Figure 3.. NLRP3 inflammasome in diabetes and obesity.

Obesity-related danger signals such as palmitate, lipids, and ceramides promote the activation of the NLRP3 inflammasome. Ceramides are generated from the endoplasmic reticulum and/or through the conversion of sphingomyelins located in the plasma membrane. Saturated fatty acids such as palmitate increase mitochondrial reactive oxygen species (mtROS) by reducing autophagy through the blockade of 5′ adenosine monophosphate-activated protein kinase (AMPK) signaling. Elevated homocysteine levels can also activate the NLRP3 inflammasome through the induction of the hypoxia-inducible factor 1α (HIF1α)/phospholipase A2 group 16 (PLA2G16) axis by generating adipocyte-derived lysophosphatidyl choline (Lyso-PC). The release of IL-1β downstream of NLRP3 activation causes insulin resistance and reduces glucose uptake in insulin target tissues such as muscle, liver, and adipose tissues, leading to the pathogenesis of diabetes and obesity.
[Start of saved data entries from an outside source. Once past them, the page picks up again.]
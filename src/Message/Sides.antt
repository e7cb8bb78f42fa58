-- ===== src/Message/Sides.antt =====
-- moq-transport/src/message/publisher.rs and moq-transport/src/message/subscriber.rs: the messages that
-- a publisher sends, and those that a subscriber sends.
use linode_moq.Prelude.{◌≡◌, refl, ◌⊎◌, inl, inr}
use linode_moq.Coding.Outcome.{Outcome, ok, err}
use linode_moq.Message.Union.{Message}
use linode_moq.Message.Announce.{Announce}
use linode_moq.Message.AnnounceCancel.{AnnounceCancel}
use linode_moq.Message.AnnounceError.{AnnounceError}
use linode_moq.Message.AnnounceOk.{AnnounceOk}
use linode_moq.Message.Fetch.{Fetch}
use linode_moq.Message.FetchCancel.{FetchCancel}
use linode_moq.Message.FetchError.{FetchError}
use linode_moq.Message.FetchOk.{FetchOk}
use linode_moq.Message.GoAway.{GoAway}
use linode_moq.Message.MaxSubscribeId.{MaxSubscribeId}
use linode_moq.Message.Subscribe.{Subscribe}
use linode_moq.Message.SubscribeDone.{SubscribeDone}
use linode_moq.Message.SubscribeError.{SubscribeError}
use linode_moq.Message.SubscribeNamespace.{SubscribeNamespace}
use linode_moq.Message.SubscribeNamespaceError.{SubscribeNamespaceError}
use linode_moq.Message.SubscribeNamespaceOk.{SubscribeNamespaceOk}
use linode_moq.Message.SubscribeOk.{SubscribeOk}
use linode_moq.Message.SubscribeUpdate.{SubscribeUpdate}
use linode_moq.Message.TrackStatus.{TrackStatus}
use linode_moq.Message.TrackStatusRequest.{TrackStatusRequest}
use linode_moq.Message.Unannounce.{Unannounce}
use linode_moq.Message.Unsubscribe.{Unsubscribe}
use linode_moq.Message.UnsubscribeNamespace.{UnsubscribeNamespace}

pub data Publisher : Type 0 where
  announce : Announce → Publisher
  unannounce : Unannounce → Publisher
  subscribe_ok : SubscribeOk → Publisher
  subscribe_error : SubscribeError → Publisher
  subscribe_done : SubscribeDone → Publisher
  max_subscribe_id : MaxSubscribeId → Publisher
  track_status : TrackStatus → Publisher
  fetch_ok : FetchOk → Publisher
  fetch_error : FetchError → Publisher

-- `From<Publisher> for Message`
unfoldable pub publisher_message : Publisher → Message
publisher_message (Publisher.announce m) = Message.announce m
publisher_message (Publisher.unannounce m) = Message.unannounce m
publisher_message (Publisher.subscribe_ok m) = Message.subscribe_ok m
publisher_message (Publisher.subscribe_error m) = Message.subscribe_error m
publisher_message (Publisher.subscribe_done m) = Message.subscribe_done m
publisher_message (Publisher.max_subscribe_id m) = Message.max_subscribe_id m
publisher_message (Publisher.track_status m) = Message.track_status m
publisher_message (Publisher.fetch_ok m) = Message.fetch_ok m
publisher_message (Publisher.fetch_error m) = Message.fetch_error m

-- `TryFrom<Message> for Publisher`: another message comes back as the error.
unfoldable pub publisher_try_from : Message → Outcome Message Publisher
publisher_try_from (Message.announce m) = ok (Publisher.announce m)
publisher_try_from (Message.unannounce m) = ok (Publisher.unannounce m)
publisher_try_from (Message.subscribe_ok m) = ok (Publisher.subscribe_ok m)
publisher_try_from (Message.subscribe_error m) = ok (Publisher.subscribe_error m)
publisher_try_from (Message.subscribe_done m) = ok (Publisher.subscribe_done m)
publisher_try_from (Message.max_subscribe_id m) = ok (Publisher.max_subscribe_id m)
publisher_try_from (Message.track_status m) = ok (Publisher.track_status m)
publisher_try_from (Message.fetch_ok m) = ok (Publisher.fetch_ok m)
publisher_try_from (Message.fetch_error m) = ok (Publisher.fetch_error m)
publisher_try_from m = err m

pub data Subscriber : Type 0 where
  announce_ok : AnnounceOk → Subscriber
  announce_error : AnnounceError → Subscriber
  announce_cancel : AnnounceCancel → Subscriber
  subscribe : Subscribe → Subscriber
  unsubscribe : Unsubscribe → Subscriber
  subscribe_update : SubscribeUpdate → Subscriber
  track_status_request : TrackStatusRequest → Subscriber
  subscribe_namespace : SubscribeNamespace → Subscriber
  subscribe_namespace_ok : SubscribeNamespaceOk → Subscriber
  subscribe_namespace_error : SubscribeNamespaceError → Subscriber
  unsubscribe_namespace : UnsubscribeNamespace → Subscriber
  fetch : Fetch → Subscriber
  fetch_cancel : FetchCancel → Subscriber

-- `From<Subscriber> for Message`
unfoldable pub subscriber_message : Subscriber → Message
subscriber_message (Subscriber.announce_ok m) = Message.announce_ok m
subscriber_message (Subscriber.announce_error m) = Message.announce_error m
subscriber_message (Subscriber.announce_cancel m) = Message.announce_cancel m
subscriber_message (Subscriber.subscribe m) = Message.subscribe m
subscriber_message (Subscriber.unsubscribe m) = Message.unsubscribe m
subscriber_message (Subscriber.subscribe_update m) = Message.subscribe_update m
subscriber_message (Subscriber.track_status_request m) = Message.track_status_request m
subscriber_message (Subscriber.subscribe_namespace m) = Message.subscribe_namespace m
subscriber_message (Subscriber.subscribe_namespace_ok m) = Message.subscribe_namespace_ok m
subscriber_message (Subscriber.subscribe_namespace_error m) = Message.subscribe_namespace_error m
subscriber_message (Subscriber.unsubscribe_namespace m) = Message.unsubscribe_namespace m
subscriber_message (Subscriber.fetch m) = Message.fetch m
subscriber_message (Subscriber.fetch_cancel m) = Message.fetch_cancel m

-- `TryFrom<Message> for Subscriber`: another message comes back as the error.
unfoldable pub subscriber_try_from : Message → Outcome Message Subscriber
subscriber_try_from (Message.announce_ok m) = ok (Subscriber.announce_ok m)
subscriber_try_from (Message.announce_error m) = ok (Subscriber.announce_error m)
subscriber_try_from (Message.announce_cancel m) = ok (Subscriber.announce_cancel m)
subscriber_try_from (Message.subscribe m) = ok (Subscriber.subscribe m)
subscriber_try_from (Message.unsubscribe m) = ok (Subscriber.unsubscribe m)
subscriber_try_from (Message.subscribe_update m) = ok (Subscriber.subscribe_update m)
subscriber_try_from (Message.track_status_request m) = ok (Subscriber.track_status_request m)
subscriber_try_from (Message.subscribe_namespace m) = ok (Subscriber.subscribe_namespace m)
subscriber_try_from (Message.subscribe_namespace_ok m) = ok (Subscriber.subscribe_namespace_ok m)
subscriber_try_from (Message.subscribe_namespace_error m) =
    ok (Subscriber.subscribe_namespace_error m)
subscriber_try_from (Message.unsubscribe_namespace m) = ok (Subscriber.unsubscribe_namespace m)
subscriber_try_from (Message.fetch m) = ok (Subscriber.fetch m)
subscriber_try_from (Message.fetch_cancel m) = ok (Subscriber.fetch_cancel m)
subscriber_try_from m = err m

-- Which side a message belongs to: it is one of a publisher and of no subscriber, or the other way
-- around, or it is GOAWAY, which is neither.
abbrev pub IsSorted : Message → Type 0
IsSorted m =
    ((p : Publisher) × (publisher_try_from m ≡ ok p)
      × (publisher_message p ≡ m)
      × (subscriber_try_from m ≡ err m))
    ⊎ ((s : Subscriber) × (subscriber_try_from m ≡ ok s)
        × (subscriber_message s ≡ m)
        × (publisher_try_from m ≡ err m))
    ⊎ ((publisher_try_from m ≡ err m)
        × (subscriber_try_from m ≡ err m)
        × ((g : GoAway) × (m ≡ Message.go_away g)))

-- Every message but GOAWAY belongs to exactly one of the two sides, and is the same again when it is
-- turned back into a message; GOAWAY belongs to neither.
pub try_from-IsSorted : (m : Message) → IsSorted m
unfolding publisher_try_from publisher_message subscriber_try_from subscriber_message
try_from-IsSorted (Message.subscribe_update m) =
    inr (inl (Subscriber.subscribe_update m, refl, refl, refl))
try_from-IsSorted (Message.subscribe m) = inr (inl (Subscriber.subscribe m, refl, refl, refl))
try_from-IsSorted (Message.unsubscribe m) = inr (inl (Subscriber.unsubscribe m, refl, refl, refl))
try_from-IsSorted (Message.subscribe_ok m) = inl (Publisher.subscribe_ok m, refl, refl, refl)
try_from-IsSorted (Message.subscribe_error m) = inl (Publisher.subscribe_error m, refl, refl, refl)
try_from-IsSorted (Message.subscribe_done m) = inl (Publisher.subscribe_done m, refl, refl, refl)
try_from-IsSorted (Message.max_subscribe_id m) =
    inl (Publisher.max_subscribe_id m, refl, refl, refl)
try_from-IsSorted (Message.announce m) = inl (Publisher.announce m, refl, refl, refl)
try_from-IsSorted (Message.unannounce m) = inl (Publisher.unannounce m, refl, refl, refl)
try_from-IsSorted (Message.announce_ok m) = inr (inl (Subscriber.announce_ok m, refl, refl, refl))
try_from-IsSorted (Message.announce_error m) =
    inr (inl (Subscriber.announce_error m, refl, refl, refl))
try_from-IsSorted (Message.announce_cancel m) =
    inr (inl (Subscriber.announce_cancel m, refl, refl, refl))
try_from-IsSorted (Message.track_status_request m) =
    inr (inl (Subscriber.track_status_request m, refl, refl, refl))
try_from-IsSorted (Message.track_status m) = inl (Publisher.track_status m, refl, refl, refl)
try_from-IsSorted (Message.go_away m) = inr (inr (refl, refl, (m, refl)))
try_from-IsSorted (Message.subscribe_namespace m) =
    inr (inl (Subscriber.subscribe_namespace m, refl, refl, refl))
try_from-IsSorted (Message.subscribe_namespace_ok m) =
    inr (inl (Subscriber.subscribe_namespace_ok m, refl, refl, refl))
try_from-IsSorted (Message.subscribe_namespace_error m) =
    inr (inl (Subscriber.subscribe_namespace_error m, refl, refl, refl))
try_from-IsSorted (Message.unsubscribe_namespace m) =
    inr (inl (Subscriber.unsubscribe_namespace m, refl, refl, refl))
try_from-IsSorted (Message.fetch m) = inr (inl (Subscriber.fetch m, refl, refl, refl))
try_from-IsSorted (Message.fetch_cancel m) = inr (inl (Subscriber.fetch_cancel m, refl, refl, refl))
try_from-IsSorted (Message.fetch_ok m) = inl (Publisher.fetch_ok m, refl, refl, refl)
try_from-IsSorted (Message.fetch_error m) = inl (Publisher.fetch_error m, refl, refl, refl)

publisher-back : (p : Publisher) → publisher_try_from (publisher_message p) ≡ ok p
unfolding publisher_try_from publisher_message
publisher-back (Publisher.announce m) = refl
publisher-back (Publisher.unannounce m) = refl
publisher-back (Publisher.subscribe_ok m) = refl
publisher-back (Publisher.subscribe_error m) = refl
publisher-back (Publisher.subscribe_done m) = refl
publisher-back (Publisher.max_subscribe_id m) = refl
publisher-back (Publisher.track_status m) = refl
publisher-back (Publisher.fetch_ok m) = refl
publisher-back (Publisher.fetch_error m) = refl

subscriber-back : (p : Subscriber) → subscriber_try_from (subscriber_message p) ≡ ok p
unfolding subscriber_try_from subscriber_message
subscriber-back (Subscriber.announce_ok m) = refl
subscriber-back (Subscriber.announce_error m) = refl
subscriber-back (Subscriber.announce_cancel m) = refl
subscriber-back (Subscriber.subscribe m) = refl
subscriber-back (Subscriber.unsubscribe m) = refl
subscriber-back (Subscriber.subscribe_update m) = refl
subscriber-back (Subscriber.track_status_request m) = refl
subscriber-back (Subscriber.subscribe_namespace m) = refl
subscriber-back (Subscriber.subscribe_namespace_ok m) = refl
subscriber-back (Subscriber.subscribe_namespace_error m) = refl
subscriber-back (Subscriber.unsubscribe_namespace m) = refl
subscriber-back (Subscriber.fetch m) = refl
subscriber-back (Subscriber.fetch_cancel m) = refl

-- A message of either side is got back from the message that it becomes.
pub try_from-message :
    (p : Publisher) (s : Subscriber)
    → (publisher_try_from (publisher_message p) ≡ ok p)
      × (subscriber_try_from (subscriber_message s) ≡ ok s)
try_from-message p s = (publisher-back p, subscriber-back s)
Figure 4.. NLRP3 inflammasome in atherosclerosis.

Calcium phosphate crystals and cholesterol crystals are taken into the lysosome by phagocytosis, or intracellular cholesterol crystals are formed when oxidized low-density lipoprotein (oxidized-LDL) is taken up by the scavenger receptor CD36. An excess of crystals in atherosclerosis causes lysosomal destabilization and rupture. Rupturing of lysosomes leads to the leakage of the lysosomal enzyme cathepsin B, resulting in NLRP3 inflammasome activation. The release of IL-1β downstream of NLRP3 activation signals to neighboring monocytes/macrophages, endothelial cells, and smooth muscle cells to promote the pathogenesis of atherosclerosis.